-- ===== src/Store/Flags/Race.antt =====
-- internal/store/store.go: a reader of a flag that is overtaken by a writer.
use thunder_go.Prelude.{
  ℕ, ◌+◌, ◌≤◌, ◌<◌, ◌≡◌, refl, inl, inr, Bool, true, false, Option, none, some, List, [], ◌∷◌, All,
  Bool-cases,
}
use thunder_go.Cache.{Entry, remove_element, Cache, get, invalidate, max_int64}
use thunder_go.Cache.Laws.{IsValid}
use thunder_go.Cache.Setting.{invalidate-IsValid}
use thunder_go.Cache.Reading.{Past, get-set_entry}
use thunder_go.Prelude.Int.{ℤ}
use thunder_go.Prelude.Text.{Text, text_eq}
use thunder_go.Prelude.Text.Decimal.{print_int}
use thunder_go.Store.Flags.{
  Collection, Flags, flag, is_flagged, after_write, after_get, finish_read,
}

module _ {S : Type 0} (db : Collection S) where
  -- The flags after a ban that had no error, and the caching of a count that was taken before it.
  abbrev pub overtaken : ℕ → ℤ → ℕ → Flags S → Flags S
  overtaken now id count f = (finish_read db now id (some count) (flag db id f).1).1

  -- A read that finds a cached value returns it.
  is_flagged-cached :
      (later after : ℕ) (id : ℤ) (v : Bool) (f : Flags S)
      → (get later (print_int id) f.cache).0 ≡ some v
      → (is_flagged db later after id f).0 ≡ some v
  unfolding is_flagged after_get
  is_flagged-cached later after id v f h = go (get later (print_int id) f.cache) h
    where
      go :
          (r : Option Bool × Cache Bool)
          → r.0 ≡ some v
          → (after_get db after id f.documents r).0 ≡ some v
      go (none, cache) e = cc
      go (some w, cache) e = e

  Past-remove_element :
      (now : ℕ) (k : Text) (es : List (Entry Bool))
      → All (λ y. y.last_access ≤ now) es
      → All (λ y. y.last_access ≤ now) (remove_element k es)
  unfolding remove_element
  Past-remove_element now k [] h = h
  Past-remove_element now k (e ∷ es) h = elim (Bool-cases (text_eq e.key k)) [
    | inl t ↦ rw t h.1
    | inr t ↦ rw t (h.0, Past-remove_element now k es h.1)
  ]

  -- A reader that counted no document of a user, was overtaken by the ban of that user and caches
  -- its answer after the ban has invalidated the cache, makes the read that comes next, unless it
  -- comes after the entry has expired, answer that the user is not banned, though the ban was
  -- written without an error and the collection is as it left it. The cache is well-formed and may
  -- hold one entry at least, the time of the answer is an int64, and no access lies after it.
  pub overtaken-is_flagged :
      (now later after : ℕ) (id : ℤ) (f : Flags S)
      → IsValid f.cache
      → 0 < f.cache.max_size
      → now ≤ max_int64
      → Past now f.cache
      → later ≤ now + f.cache.ttl
      → (flag db id f).0 ≡ true
      → ((is_flagged db later after id (overtaken now id 0 f)).0 ≡ some false)
        × ((overtaken now id 0 f).documents ≡ (db.upsert id f.documents).1)
  unfolding flag finish_read after_write invalidate
  overtaken-is_flagged now later after id f valid room time past live ok =
      go (db.upsert id f.documents) ok
    where
      go :
          (r : Bool × S)
          → (after_write db id f.cache r).0 ≡ true
          → ((is_flagged db later after id
                (finish_read db now id (some 0) (after_write db id f.cache r).1).1).0
              ≡ some false)
            × ((finish_read db now id (some 0) (after_write db id f.cache r).1).1.documents ≡ r.1)
      go (false, s) e = cc
      go (true, s) e = (
        is_flagged-cached later after id false
            (finish_read db now id (some 0) (after_write db id f.cache (true, s)).1).1
            (get-set_entry now later (print_int id) false (invalidate (print_int id) f.cache)
              (invalidate-IsValid (print_int id) f.cache valid) room time
              (Past-remove_element now (print_int id) f.cache.ll past) live),
        refl,
      )
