-- ===== src/Request/Reply.antt =====
-- The replies of request.c as the bytes that they put into the buffer.
use protos_tpe.Prelude.{
  ℕ, ◌+◌, ◌/◌, ◌%◌, ◌≤◌, ◌≡◌, ap, ◌∙◌, true, some, List, [], ◌∷◌, ◌++◌, arith, Option, none, length,
  length-append, take, take_all, replicate, ◌>>=◌, sym, subst, fun_ext, Option-cases, inl, inr,
  ◌==◌, if◌then◌else◌, Bool-cases,
}
use protos_tpe.Buffer.{Buffer, IsValid, write_byte, write_bytes}
use protos_tpe.Buffer.Writes.{Pushed, write_bytes_room, write_bytes-append}
use protos_tpe.Request.{
  SockAddr, inet, inet6, other_family, address_bytes, family_atyp, write_reply, fill_reply,
  fill_reply_addr, socks5_version, atyp_ipv4, atyp_ipv6,
}

-- `VER REP RSV ATYP BND.ADDR BND.PORT`
abbrev pub reply : ℕ → ℕ → List ℕ → ℕ → List ℕ
reply rep atyp addr port =
    socks5_version ∷ rep ∷ 0 ∷ atyp ∷ (addr ++ (port / 256 % 256 ∷ port % 256 ∷ []))

write_two :
    (hi lo : ℕ) (b : Buffer)
    → (write_byte b hi >>= λ b'. write_byte b' lo) ≡ write_bytes b (hi ∷ lo ∷ [])
unfolding write_bytes
write_two hi lo b = elim (Option-cases (write_byte b hi)) [
  | inl e ↦ rw (e, ◌>>=◌)
  | inr (b', e) ↦
      rw e (elim (Option-cases (write_byte b' lo)) [ inl f ↦ rw (f, ◌>>=◌) | inr (b'', f) ↦ rw f ])
]

write_tail :
    (addr : List ℕ) (hi lo : ℕ) (b : Buffer)
    → (write_bytes b addr >>= λ b'. write_byte b' hi >>= λ b''. write_byte b'' lo)
      ≡ write_bytes b (addr ++ (hi ∷ lo ∷ []))
write_tail addr hi lo b =
    ap (λ k. write_bytes b addr >>= k) (fun_ext (write_two hi lo))
    ∙ sym (write_bytes-append addr (hi ∷ lo ∷ []) b)

write_reply-eq :
    (b : Buffer) (rep atyp : ℕ) (addr : Option (List ℕ)) (addr_len port : ℕ)
    → write_reply b rep atyp addr addr_len port
      ≡ write_bytes b (reply rep atyp (address_bytes addr addr_len) port)
unfolding write_reply write_bytes
write_reply-eq b rep atyp addr addr_len port =
    ap
      (λ k. write_byte b socks5_version >>= λ b₁.
        write_byte b₁ rep >>= λ b₂. write_byte b₂ 0 >>= λ b₃. write_byte b₃ atyp >>= k)
      (fun_ext (write_tail (address_bytes addr addr_len) (port / 256 % 256) (port % 256)))

write_reply_lem :
    (rep atyp : ℕ) (addr : Option (List ℕ)) (addr_len port : ℕ) {b : Buffer}
    → IsValid b
    → b.write + 6 + length (address_bytes addr addr_len) ≤ b.limit
    → (b' : Buffer) × (write_reply b rep atyp addr addr_len port ≡ some b')
      × Pushed b b' (reply rep atyp (address_bytes addr addr_len) port)
write_reply_lem rep atyp addr addr_len port {b} v h =
    let a = address_bytes addr addr_len in
    let room : b.write + length (reply rep atyp a port) ≤ b.limit =
      omega (arith, length-append a (port / 256 % 256 ∷ port % 256 ∷ [])) in
    let (b', runs, p) = write_bytes_room (reply rep atyp a port) v room in
    (b', write_reply-eq b rep atyp addr addr_len port ∙ runs, p)

-- The null reply: an address of zeros, of the size that the address type has.
abbrev pub null_reply : ℕ → ℕ → List ℕ
null_reply rep atyp =
    if atyp == atyp_ipv6
    then reply rep atyp_ipv6 (replicate 16 0) 0
    else reply rep atyp_ipv4 (replicate 4 0) 0

-- With room for 22 bytes in a valid buffer, `fill_request_reply` appends one whole reply with a
-- zero address and port: 22 bytes for IPv6 and 10 for any other type, which it calls IPv4.
pub fill_reply-null :
    (rep atyp : ℕ) {b : Buffer}
    → IsValid b
    → b.write + 22 ≤ b.limit
    → (b' : Buffer) × (fill_reply b rep atyp ≡ some b') × Pushed b b' (null_reply rep atyp)
unfolding fill_reply
fill_reply-null rep atyp {b} v h = elim (Bool-cases (atyp == atyp_ipv6)) [
  | inl six ↦
      let is_six : atyp ≡ atyp_ipv6 = ground arith in
      rw (six, is_six) (write_reply_lem rep atyp_ipv6 none 16 0 v (omega arith))
  | inr four ↦ rw four (write_reply_lem rep atyp_ipv4 none 4 0 v (omega arith))
]

abbrev pub address : SockAddr → List ℕ
address (inet addr _) = addr
address (inet6 addr _) = addr
address other_family = []

abbrev pub port_of : SockAddr → ℕ
port_of (inet _ port) = port
port_of (inet6 _ port) = port
port_of other_family = 0

-- The size that the family's address has.
abbrev pub IsAddr : SockAddr → Type 0
IsAddr (inet addr _) = length addr ≡ 4
IsAddr (inet6 addr _) = length addr ≡ 16
IsAddr other_family = ⊥

-- With room for 22 bytes in a valid buffer, `fill_request_reply_addr` on an IPv4 address of 4
-- bytes or an IPv6 address of 16 bytes appends one whole reply that carries it and its port.
pub fill_reply_addr_lem :
    (rep : ℕ) (sa : SockAddr) {b : Buffer}
    → IsAddr sa
    → IsValid b
    → b.write + 22 ≤ b.limit
    → (b' : Buffer) × (fill_reply_addr b rep sa ≡ some (true, b'))
      × Pushed b b' (reply rep (family_atyp sa) (address sa) (port_of sa))
unfolding fill_reply_addr
fill_reply_addr_lem rep (inet addr port) {b} w v h =
    let whole : take 4 addr ≡ addr = take_all 4 addr (omega arith) in
    let (b', runs, p) =
      write_reply_lem rep atyp_ipv4 (some addr) 4 port v
        (omega (arith, ap (length {A = ℕ}) whole)) in
    (b', rw runs, subst (λ a. Pushed b b' (reply rep atyp_ipv4 a port)) whole p)
fill_reply_addr_lem rep (inet6 addr port) {b} w v h =
    let whole : take 16 addr ≡ addr = take_all 16 addr (omega arith) in
    let (b', runs, p) =
      write_reply_lem rep atyp_ipv6 (some addr) 16 port v
        (omega (arith, ap (length {A = ℕ}) whole)) in
    (b', rw runs, subst (λ a. Pushed b b' (reply rep atyp_ipv6 a port)) whole p)
fill_reply_addr_lem rep other_family w v h = absurd w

***

Please give an exact copy of the lines above, beginning with the line containing "unfolding remove_element" and running through the line containing "-- A reader", and of no other lines.

▸ **ANSWER TO THIS EXERCISE**:
  unfolding remove_element
  Past-remove_element now k [] h = h
  Past-remove_element now k (e ∷ es) h = elim (Bool-cases (text_eq e.key k)) [
    | inl t ↦ rw t h.1
    | inr t ↦ rw t (h.0, Past-remove_element now k es h.1)
  ]

  -- A reader that counted no document of a user, was overtaken by the ban of that user and caches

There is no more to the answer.